Stored items
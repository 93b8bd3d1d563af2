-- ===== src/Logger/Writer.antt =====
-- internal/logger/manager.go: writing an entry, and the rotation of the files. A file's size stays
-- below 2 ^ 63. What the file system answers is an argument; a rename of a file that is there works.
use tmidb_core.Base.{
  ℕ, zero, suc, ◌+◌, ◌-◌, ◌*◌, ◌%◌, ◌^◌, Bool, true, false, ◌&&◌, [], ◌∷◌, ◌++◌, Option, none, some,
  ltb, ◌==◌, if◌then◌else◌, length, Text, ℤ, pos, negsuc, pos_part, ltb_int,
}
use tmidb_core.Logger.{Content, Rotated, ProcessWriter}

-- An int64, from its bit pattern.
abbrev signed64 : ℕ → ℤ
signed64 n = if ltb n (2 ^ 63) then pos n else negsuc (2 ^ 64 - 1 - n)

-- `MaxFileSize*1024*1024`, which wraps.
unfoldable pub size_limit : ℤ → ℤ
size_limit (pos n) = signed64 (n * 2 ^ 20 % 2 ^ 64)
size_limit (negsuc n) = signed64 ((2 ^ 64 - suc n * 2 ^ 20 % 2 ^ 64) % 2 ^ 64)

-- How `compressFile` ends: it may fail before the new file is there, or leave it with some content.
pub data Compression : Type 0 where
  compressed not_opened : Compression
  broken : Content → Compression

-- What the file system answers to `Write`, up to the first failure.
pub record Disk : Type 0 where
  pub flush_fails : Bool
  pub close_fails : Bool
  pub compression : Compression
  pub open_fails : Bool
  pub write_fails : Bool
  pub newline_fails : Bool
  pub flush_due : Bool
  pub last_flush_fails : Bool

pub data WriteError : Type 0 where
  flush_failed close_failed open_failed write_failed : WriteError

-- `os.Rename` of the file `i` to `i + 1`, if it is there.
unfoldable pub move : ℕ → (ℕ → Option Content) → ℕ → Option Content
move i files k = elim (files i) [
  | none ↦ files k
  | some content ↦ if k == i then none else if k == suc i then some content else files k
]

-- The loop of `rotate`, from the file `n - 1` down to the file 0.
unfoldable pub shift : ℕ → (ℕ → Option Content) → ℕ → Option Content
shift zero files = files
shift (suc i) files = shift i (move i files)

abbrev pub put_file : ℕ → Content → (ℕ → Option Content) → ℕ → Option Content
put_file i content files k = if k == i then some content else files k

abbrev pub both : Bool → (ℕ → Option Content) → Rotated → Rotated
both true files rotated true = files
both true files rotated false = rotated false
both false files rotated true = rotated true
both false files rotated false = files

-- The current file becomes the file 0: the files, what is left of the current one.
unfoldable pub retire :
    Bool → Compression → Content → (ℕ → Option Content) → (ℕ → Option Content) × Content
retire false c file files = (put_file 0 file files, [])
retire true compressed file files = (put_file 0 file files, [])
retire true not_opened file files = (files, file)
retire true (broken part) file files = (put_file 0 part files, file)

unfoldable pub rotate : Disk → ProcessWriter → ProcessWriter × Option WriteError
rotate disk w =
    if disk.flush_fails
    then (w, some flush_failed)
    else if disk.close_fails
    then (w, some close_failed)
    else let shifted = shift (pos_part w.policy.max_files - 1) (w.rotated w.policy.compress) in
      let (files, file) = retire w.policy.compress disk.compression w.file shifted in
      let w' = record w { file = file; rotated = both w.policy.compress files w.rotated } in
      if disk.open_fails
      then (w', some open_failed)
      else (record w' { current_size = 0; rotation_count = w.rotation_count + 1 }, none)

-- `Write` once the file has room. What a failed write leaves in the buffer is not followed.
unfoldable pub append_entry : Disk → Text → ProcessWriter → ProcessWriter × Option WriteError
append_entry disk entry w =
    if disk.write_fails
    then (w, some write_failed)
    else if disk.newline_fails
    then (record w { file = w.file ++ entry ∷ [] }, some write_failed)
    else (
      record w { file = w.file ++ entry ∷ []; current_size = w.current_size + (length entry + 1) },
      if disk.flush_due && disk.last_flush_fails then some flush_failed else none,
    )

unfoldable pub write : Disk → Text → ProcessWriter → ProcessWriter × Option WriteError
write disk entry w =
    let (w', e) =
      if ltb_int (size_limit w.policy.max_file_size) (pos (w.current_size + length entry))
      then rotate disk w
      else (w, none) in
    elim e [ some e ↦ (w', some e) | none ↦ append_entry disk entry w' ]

* * *

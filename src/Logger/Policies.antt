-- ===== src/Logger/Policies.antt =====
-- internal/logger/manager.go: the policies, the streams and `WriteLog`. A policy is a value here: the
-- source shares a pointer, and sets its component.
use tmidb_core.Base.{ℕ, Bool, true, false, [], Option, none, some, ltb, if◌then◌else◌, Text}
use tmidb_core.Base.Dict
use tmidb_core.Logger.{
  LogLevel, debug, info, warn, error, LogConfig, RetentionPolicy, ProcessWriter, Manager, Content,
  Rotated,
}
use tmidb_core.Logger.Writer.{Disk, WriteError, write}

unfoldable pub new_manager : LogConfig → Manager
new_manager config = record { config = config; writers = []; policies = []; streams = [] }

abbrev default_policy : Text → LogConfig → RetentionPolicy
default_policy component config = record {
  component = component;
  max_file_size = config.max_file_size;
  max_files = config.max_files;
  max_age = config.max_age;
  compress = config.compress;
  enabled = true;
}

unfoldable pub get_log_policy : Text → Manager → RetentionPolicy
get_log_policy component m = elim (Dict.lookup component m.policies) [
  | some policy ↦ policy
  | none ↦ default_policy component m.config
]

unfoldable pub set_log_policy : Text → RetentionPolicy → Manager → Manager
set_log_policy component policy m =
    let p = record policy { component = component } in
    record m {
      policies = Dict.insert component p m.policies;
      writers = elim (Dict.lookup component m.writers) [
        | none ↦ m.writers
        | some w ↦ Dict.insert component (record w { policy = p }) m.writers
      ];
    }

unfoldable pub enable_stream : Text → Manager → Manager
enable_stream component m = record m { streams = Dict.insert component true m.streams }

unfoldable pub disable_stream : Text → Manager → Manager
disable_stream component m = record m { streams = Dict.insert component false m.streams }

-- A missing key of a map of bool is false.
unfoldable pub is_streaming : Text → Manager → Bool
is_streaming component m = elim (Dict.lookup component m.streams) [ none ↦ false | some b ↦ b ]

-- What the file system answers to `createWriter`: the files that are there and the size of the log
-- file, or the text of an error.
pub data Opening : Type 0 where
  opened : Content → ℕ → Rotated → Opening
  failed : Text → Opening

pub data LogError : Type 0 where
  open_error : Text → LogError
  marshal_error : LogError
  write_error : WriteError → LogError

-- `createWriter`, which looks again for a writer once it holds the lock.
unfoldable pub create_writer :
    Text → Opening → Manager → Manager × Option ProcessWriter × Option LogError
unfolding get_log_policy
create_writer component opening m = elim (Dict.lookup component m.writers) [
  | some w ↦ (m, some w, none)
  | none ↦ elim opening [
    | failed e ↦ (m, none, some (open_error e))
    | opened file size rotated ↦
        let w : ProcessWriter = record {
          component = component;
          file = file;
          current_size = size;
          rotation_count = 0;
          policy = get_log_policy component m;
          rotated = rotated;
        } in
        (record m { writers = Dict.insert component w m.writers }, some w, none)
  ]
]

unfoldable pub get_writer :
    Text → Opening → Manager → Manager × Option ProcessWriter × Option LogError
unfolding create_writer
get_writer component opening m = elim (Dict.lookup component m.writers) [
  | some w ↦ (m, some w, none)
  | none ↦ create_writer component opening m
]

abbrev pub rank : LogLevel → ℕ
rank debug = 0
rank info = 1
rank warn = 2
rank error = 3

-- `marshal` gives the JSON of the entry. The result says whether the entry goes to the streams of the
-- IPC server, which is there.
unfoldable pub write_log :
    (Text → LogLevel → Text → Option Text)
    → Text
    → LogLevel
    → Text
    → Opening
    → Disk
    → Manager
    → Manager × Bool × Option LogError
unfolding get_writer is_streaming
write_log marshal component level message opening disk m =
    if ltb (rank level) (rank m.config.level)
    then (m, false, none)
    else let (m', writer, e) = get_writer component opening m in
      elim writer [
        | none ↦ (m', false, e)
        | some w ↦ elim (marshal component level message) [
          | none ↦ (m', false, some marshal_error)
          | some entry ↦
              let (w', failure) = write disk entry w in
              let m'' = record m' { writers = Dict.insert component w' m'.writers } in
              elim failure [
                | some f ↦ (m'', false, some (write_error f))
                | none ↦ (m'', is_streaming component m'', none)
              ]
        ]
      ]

What is expected:
All lines in the data above from the one with "w ↦ Dict.insert" through the one with "-- A missing key of a map of bool is false." must be repeated exactly, and no others.

Exercise response:
        | some w ↦ Dict.insert component (record w { policy = p }) m.writers
      ];
    }

unfoldable pub enable_stream : Text → Manager → Manager
enable_stream component m = record m { streams = Dict.insert component true m.streams }

unfoldable pub disable_stream : Text → Manager → Manager
disable_stream component m = record m { streams = Dict.insert component false m.streams }

-- A missing key of a map of bool is false.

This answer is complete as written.